Aside from cooking rice, you could even use it to sous vide meat with it.

You can also add in a bunch of other ingredients and make delicious rice-based dishes with it.

Reactions: Like 1 | Agree 1


----------



## Skyfall (Jun 11, 2022)

I normally just get Uncle Bens rice in the packets you throw in the microwave for 90 seconds, because I'm lazy.

Reactions: Dislike 1


----------



## aiyanah (Jun 11, 2022)

no, it seems very lazy to me to be busting out "das rice c00ker..."
no doubt if i try it i'll like it, but regardless i will still look at myself funny in the mirror 
i would look at a lot of you funny in the kitchen no doubt


----------



## Sparks (Jun 11, 2022)

Yes. It makes it a lot easier to start a batch of rice in the machine and then do the rest of my prep, and there's less cleaning to be done.

Reactions: Like 1


----------



## Mider T (Jun 11, 2022)

Why aren't these votes public?

Reactions: Like 1 | Agree 1


----------



## JFF (Jun 11, 2022)

Absolutly. And nothing better then basmati.

Reactions: Like 2


----------



## shieldbounce (Jun 11, 2022)




----------



## Island (Jun 11, 2022)

aiyanah said:


> no, it seems very lazy to me to be busting out "das rice c00ker..."
> no doubt if i try it i'll like it, but regardless i will still look at myself funny in the mirror
> i would look at a lot of you funny in the kitchen no doubt


That's like saying it's lazy to use a toaster.

Reactions: Like 2 | Funny 3


----------



## aiyanah (Jun 11, 2022)

Island said:


> That's like saying it's lazy to use a toaster.
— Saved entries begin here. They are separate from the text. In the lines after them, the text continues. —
-- ===== src/Generic/G109.antt =====
-- kunit/xfstests/generic/109.c: six renames, of files and of links, in directories of twenty sizes, and
-- the types of their entries.
pub mod Entries
pub mod Renames
use Prim.Native.String.{◌++◌ as ◌<>◌}
use nfsplayground.Base.{
  ℕ, zero, suc, ◌+◌, String, Bool, true, false, not, none, some, List, [], ◌∷◌, ℤ, pos, nonzero,
  State, ◌==◌, codes, same, if◌then◌else◌,
}
use nfsplayground.Kernel.{Kernel, ptr, err_ptr, o_rdonly, o_directory}
use nfsplayground.Paths.{mkdir, rmdir, unlink, rename, symlink, exists, kstat}
use nfsplayground.Files.{write_new_file}
use nfsplayground.Settle.{mnt, rmdir_settled}
use nfsplayground.Fixture.{Fixture}
use nfsplayground.Lifecycle.{is_mounted}
use nfsplayground.Kunit.{Case, pass, ◌>>=◌, ◌>>◌, run, step, assert, abort, expect, with_action}

abbrev pub root : String
root = mnt <> "/g109"

abbrev pub dir : String
dir = root <> "/dir"

abbrev pub moved_dir : String
moved_dir = root <> "/moved"

abbrev pub sizes : List ℕ
sizes =
    1 ∷ 2 ∷ 3 ∷ 4 ∷ 5 ∷ 8 ∷ 12 ∷ 18 ∷ 27 ∷ 40 ∷ 60 ∷ 90 ∷ 135 ∷ 202 ∷ 303 ∷ 454 ∷ 681 ∷ 1020 ∷ 1530
    ∷ 2295 ∷ []

pub record Target : Type 0 where
  pub name : String
  pub is_link : Bool

abbrev pub target : String → Bool → Target
target name is_link = record { name = name; is_link = is_link }

abbrev pub targets : List Target
targets =
    target "fd1" false
    ∷ target "sd1" false
    ∷ target "ed1" false
    ∷ target "fd2" true
    ∷ target "sd2" true
    ∷ target "ed2" true
    ∷ []

abbrev pub sources : List String
sources = "fs1" ∷ "fs2" ∷ "fs3" ∷ "ss1" ∷ "ss2" ∷ "ss3" ∷ []

abbrev pub files : List String
files = "fs1" ∷ "fs2" ∷ "fs3" ∷ "fd1" ∷ "fd2" ∷ []

abbrev pub links : List String
links = "ss1" ∷ "ss2" ∷ "ss3" ∷ "sd1" ∷ "sd2" ∷ []

abbrev pub renames : List (String × String)
renames =
    ("fs1", "fd1")
    ∷ ("fs2", "sd1")
    ∷ ("fs3", "ed1")
    ∷ ("ss1", "fd2")
    ∷ ("ss2", "sd2")
    ∷ ("ss3", "ed2")
    ∷ []

-- DT_UNKNOWN, DT_REG and DT_LNK
abbrev pub dt_unknown : ℕ
dt_unknown = 0

abbrev pub dtype_of : Bool → ℕ
dtype_of is_link = if is_link then 10 else 8

-- DT_UNKNOWN passes.
abbrev pub type_fits : Bool → ℕ → Bool
type_fits is_link type = if type == dt_unknown then true else type == dtype_of is_link

-- What the actor looks for and has found: the name's bytes and the last type that came with them.
pub record Search : Type 0 where
  pub type : ℕ
  pub found : Bool

unfoldable pub actor : List ℕ → List ℕ × ℕ → Search → Search
actor want (name, type) it = if same want name then record { type = type; found = true } else it

unfoldable pub act_all : List ℕ → List (List ℕ × ℕ) → Search → Search
act_all want [] it = it
act_all want (entry ∷ entries) it = act_all want entries (actor want entry it)

-- A name in a directory.
abbrev pub path_in : String → String → String
path_in d name = d <> "/" <> name

abbrev pub path_of : String → String
path_of name = path_in dir name

-- What the case keeps: the fixture, and g109_cur_files.
pub record Ladder (K : Kernel) : Type 0 where
  pub fixture : Fixture K
  pub cur_files : ℕ

-- `iterate_dir` returns with its errno the names and types that it gives the actor, and `is_lnk` and
-- `is_reg` test the mode in a kstat.
pub record Modes (K : Kernel) : Type 0 where
  pub iterate_dir : K.File → State K.Machine (ℤ × List (List ℕ × ℕ))
  pub is_lnk : K.Kstat → Bool
  pub is_reg : K.Kstat → Bool

module _ (K : Kernel) (M : Modes K) where
  open K use {Machine, File, Kstat, filp_open, filp_close, kmalloc, decimal}
  open M use {iterate_dir, is_lnk, is_reg}

  abbrev pub file_name : ℕ → String
  file_name i = "fname" <> decimal i

  unfoldable pub readdir_type : String → String → State Machine (ℤ × Search)
  readdir_type d name s = elim (filp_open d (o_rdonly ∷ o_directory ∷ []) 0 s).0 [
    | err_ptr e ↦ (
      (e, record { type = dt_unknown; found = false }),
      (filp_open d (o_rdonly ∷ o_directory ∷ []) 0 s).1,
    )
    | ptr f ↦
        let r = iterate_dir f (filp_open d (o_rdonly ∷ o_directory ∷ []) 0 s).1 in
        (
          (r.0.0, act_all (codes name) r.0.1 (record { type = dt_unknown; found = false })),
          filp_close f r.1,
        )
  ]

  unfoldable pub unlink_files : String → ℕ → ℕ → Machine → Machine
  unlink_files d zero i s = s
  unlink_files d (suc left) i s =
      unlink_files d left (suc i) (unlink K (path_in d (file_name i)) s).1

  unfoldable pub unlink_names : String → List String → Machine → Machine
  unlink_names d [] s = s
  unlink_names d (name ∷ names) s = unlink_names d names (unlink K (path_in d name) s).1

  unfoldable pub names_of : List Target → List String
  names_of [] = []
  names_of (t ∷ ts) = t.name ∷ names_of ts

  unfoldable pub empty_dir : String → ℕ → Machine → Machine
  empty_dir d nfiles s =
      (rmdir_settled K d
        (unlink_names d (names_of targets) (unlink_names d sources (unlink_files d nfiles 0 s)))).1

  abbrev pub on_fixture : (Machine → Machine) → Ladder K → Ladder K
  on_fixture f l = record l { fixture = record l.fixture { machine = f l.fixture.machine } }

  unfoldable pub remove_dir : ℕ → Ladder K → Ladder K
  remove_dir nfiles l = record (on_fixture (empty_dir dir nfiles) l) { cur_files = 0 }

  unfoldable pub remove_tree : Ladder K → Ladder K
  remove_tree l =
      let emptied : Machine → Machine =
        λ s. empty_dir moved_dir l.cur_files (empty_dir dir l.cur_files s) in
      record (on_fixture (λ s. (rmdir K root (emptied s)).1) l) { cur_files = 0 }

  abbrev pub call_ok : State Machine ℤ → Case Machine (Unit {0})
  call_ok m = do err ← run m; assert (not (nonzero err))

  -- A file without a byte, and a link to what is not there.
  abbrev pub touch : String → Case Machine (Unit {0})
  touch name = do
    err ← run (write_new_file K (path_of name) [])
    elim err [ none ↦ abort | some e ↦ assert (not (nonzero e)) ]

  abbrev pub link_name : String → Case Machine (Unit {0})
  link_name name = call_ok (symlink K "foo" (path_of name))

  abbrev pub rename_name : String × String → Case Machine (Unit {0})
  rename_name (from, to) = call_ok (rename K (path_of from) (path_of to))

  unfoldable pub for_all :
      {A : Type 0} → (A → Case Machine (Unit {0})) → List A → Case Machine (Unit {0})
  for_all body [] = pass tt
  for_all body (a ∷ rest) = do body a; for_all body rest

  unfoldable pub renamedir : Case Machine (Unit {0})
  renamedir = do for_all touch files; for_all link_name links; for_all rename_name renames

  abbrev pub check_gone : String → Case Machine (Unit {0})
  check_gone name = do there ← run (exists K (path_of name)); expect (not there)

  unfoldable pub check_target : Kstat → Target → Case Machine (Unit {0})
  check_target st t = do
    (err, st') ← run (kstat K st (path_of t.name))
    assert (not (nonzero err))
    expect (if t.is_link then is_lnk st' else is_reg st')
    (err, it) ← run (readdir_type dir t.name)
    assert (not (nonzero err))
    expect it.found
    expect (type_fits t.is_link it.type)

  unfoldable pub check_types : Kstat → Case Machine (Unit {0})
  check_types st = do for_all check_gone sources; for_all (check_target st) targets

  -- A part of the case that is about the machine alone.
  abbrev pub here : {A : Type 0} → Case Machine A → Case (Ladder K) A
  here m l n = let r = m l.fixture.machine n in (r.0, on_fixture (λ _. r.1) l, r.2)

  unfoldable pub filldir : ℕ → ℕ → Case (Ladder K) (Unit {0})
  filldir zero i = pass tt
  filldir (suc left) i = do
    here (touch (file_name i))
    step (λ l. record l { cur_files = i + 1 })
    filldir left (suc i)

  unfoldable pub one_size : Kstat → ℕ → Case (Ladder K) (Unit {0})
  one_size st nfiles = do
    here (call_ok (mkdir K dir))
    filldir nfiles 0
    here renamedir
    here (check_types st)
    step (remove_dir nfiles)

  unfoldable pub every_size : Kstat → List ℕ → Case (Ladder K) (Unit {0})
  every_size st [] = pass tt
  every_size st (nfiles ∷ rest) = do one_size st nfiles; every_size st rest

  -- The mount, the directory and the clean-up.
  abbrev pub in_tree : Case (Ladder K) (Unit {0}) → Case (Ladder K) (Unit {0})
  in_tree body l n =
      (do
        assert (is_mounted K l.fixture)
        here (call_ok (mkdir K root))
        granted ← here (run kmalloc)
        with_action granted remove_tree body)
        l n

  unfoldable pub renames_keep_the_entry_type : Kstat → Case (Ladder K) (Unit {0})
  renames_keep_the_entry_type st = in_tree (every_size st sizes)

  unfoldable pub check_moved : Kstat → Target → Case Machine (Unit {0})
  check_moved st t = do
    (err, st') ← run (kstat K st (path_in moved_dir t.name))
    assert (not (nonzero err))
    expect (if t.is_link then is_lnk st' else not (is_lnk st'))

  unfoldable pub renamed_directories_keep : Kstat → Case (Ladder K) (Unit {0})
  renamed_directories_keep st = in_tree (do
    here (call_ok (mkdir K dir))
    filldir 8 0
    here renamedir
    here (call_ok (rename K dir moved_dir))
    here (for_all (check_moved st) targets)
    here (call_ok (rename K moved_dir dir))
    step (remove_dir 8))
it is though, pan toasted is far better and more versatile.


----------



## Catamount (Jun 11, 2022)

Nah, rice isn't essential here, so no. I di find it convenient though. On one condition - that you have enough space to store all those cookers. We only have a few cookers and they aleady piss me off in a cupboard. I mean I can manage without bread baking machine, do not need a separate rice cooker too.

Reactions: Like 1


----------



## ЯƎWO⅃ᖷ (Jun 11, 2022)

i don't use a rice cooker (don't have one) but i would for sushi rice

i'm the opposite of @JFF- would definitely NOT use it for basmati

Reactions: Like 1 | Funny 2


----------



## pfft (Jun 11, 2022)

My new rice cooker is good shit

Reactions: Like 2


----------



## Jim (Jun 11, 2022)

Island said:


> That's like saying it's lazy to use a toaster.


I don't like toast. It's just dry bread


----------



## wibisana (Jun 11, 2022)

Yes ofc
The alternative is like this

Some say taste better but i juat dont like the hassle


----------



## Mider T (Jun 11, 2022)

ЯƎWO⅃ᖷ said:


> don't have one


Are you really Asian?


Jim said:


> I don't like toast. It's just dry bread


That's why you put butter or preserves on it.


----------



## Jim (Jun 11, 2022)

Mider T said:


> That's why you put butter or preserves on it.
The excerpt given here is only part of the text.